When rushing to adopt new proprietary technology in an emergency like now, be VERY cautious of future liabilities, post crisis.
The danger of treating acute pain with morphine is a long term, destructive, expensive addiction...
Many tech solutions are entirely analogous - by design. Their proprietors are delighted this crisis provides an opportunity to sneak past sensible procurement processes.
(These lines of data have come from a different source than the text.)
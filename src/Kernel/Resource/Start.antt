-- ===== src/Kernel/Resource/Start.antt =====
-- rsrc_init of kernel/resource.c: the table that it makes.
use openblt.Prelude.{ℕ, zero, suc, ◌+◌, ◌<◌, ◌/◌, ◌≡◌, arith}
use openblt.Kernel.FreeList.{Chain, range, has-range, range-Distinct}
use openblt.Kernel.State.{Kernel}
use openblt.Kernel.Resource.{rsrc_init, rtab_size}
use openblt.Kernel.Resource.Table.{IsTable}

-- The free ids are chained in their order up to the last.
init-Chain :
    (size : ℕ) (k : Kernel) (a n : ℕ)
    → 0 < a
    → a + suc n ≡ size / rtab_size
    → Chain (rsrc_init size k).rmap_next a (range a (suc n))
unfolding rsrc_init
init-Chain size k a zero h e = ground (arith, h, e)
init-Chain size k a (suc n) h e =
    let rest = init-Chain size k (a + 1) n (omega arith) (omega (arith, e)) in
    ground (arith, h, e, rest)

-- rsrc_init of a map with room for n + 2 entries makes a well formed table, in which the ids from 1
-- to n + 1 are free, in that order.
pub rsrc_init-IsTable :
    (size : ℕ) (k : Kernel) (n : ℕ)
    → size / rtab_size ≡ n + 2
    → IsTable (rsrc_init size k) (range 1 (suc n))
unfolding rsrc_init
rsrc_init-IsTable size k n e = record {
  chain = init-Chain size k 1 n (omega arith) (omega (arith, e));
  distinct = range-Distinct 1 (suc n);
  vacant = λ i h. ground (arith, h, has-range i 1 (suc n), e);
  complete = λ i lt ne z. ground (arith, lt, ne, has-range i 1 (suc n), e);
  reserved = ground (arith, e);
  null_type = ground arith;
  bound = λ i lt ne. absurd (ne (ground (arith, lt)));
}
@lightweight Yes. But sometimes you *will* need to use morphine or some other proven painkiller - especially when the alternative is a crowd of people trying to "sell" you various strangely-looking ingredients and insist that you just get out of the comfort zone, overcome your laziness and roll your own painkiller just like everyone should do to ensure their independence... 😐
@z428 yup. The point is that each person has a duty to those affected by their decisions to be informed, and aware of their liabilities and other options. Most people don't bother raising the shroud of ignorance. And, remember: marketing (like a casino) never works in your best interest. See https://davelane.nz/marketing
@lightweight ... really much time to compare and evaluate alternatives. The bad thing: Once the crisis has been managed, there *will* eventually be an evaluation of alternatives, and we will much likely notice that there aren't really many if you look at the full feature set - no matter where you move, it always will most likely be about making yourself free from that very addiction and paying for that with more effort for less quality. That really bugs me, and I see no solution for that. 😟
@lightweight ... that. Unfortunately, everything I played with for the last decade (no matter whether XMPP, Matrix/Riot, MatterMost, RocketChat, NextCloud or the Confluence tool chain) was even remotely there. I'm not happy about that. But at this point I don't really need marketing to be honest, I just need a handful of non-technical users (who are pretty pragmatic about the things they work with) in front of a tool for a couple of hours to get a clear idea. 😟
@z428 As I posted last night... Gov't Canada have just decided (by staff feedback) to ramp up their use of Rocket.Chat *over* MS Teams (which they've already paid for with their ridiculously anti-competitive all-of-gov't Microsoft deal)... So that's a fairly compelling data point to the contrary.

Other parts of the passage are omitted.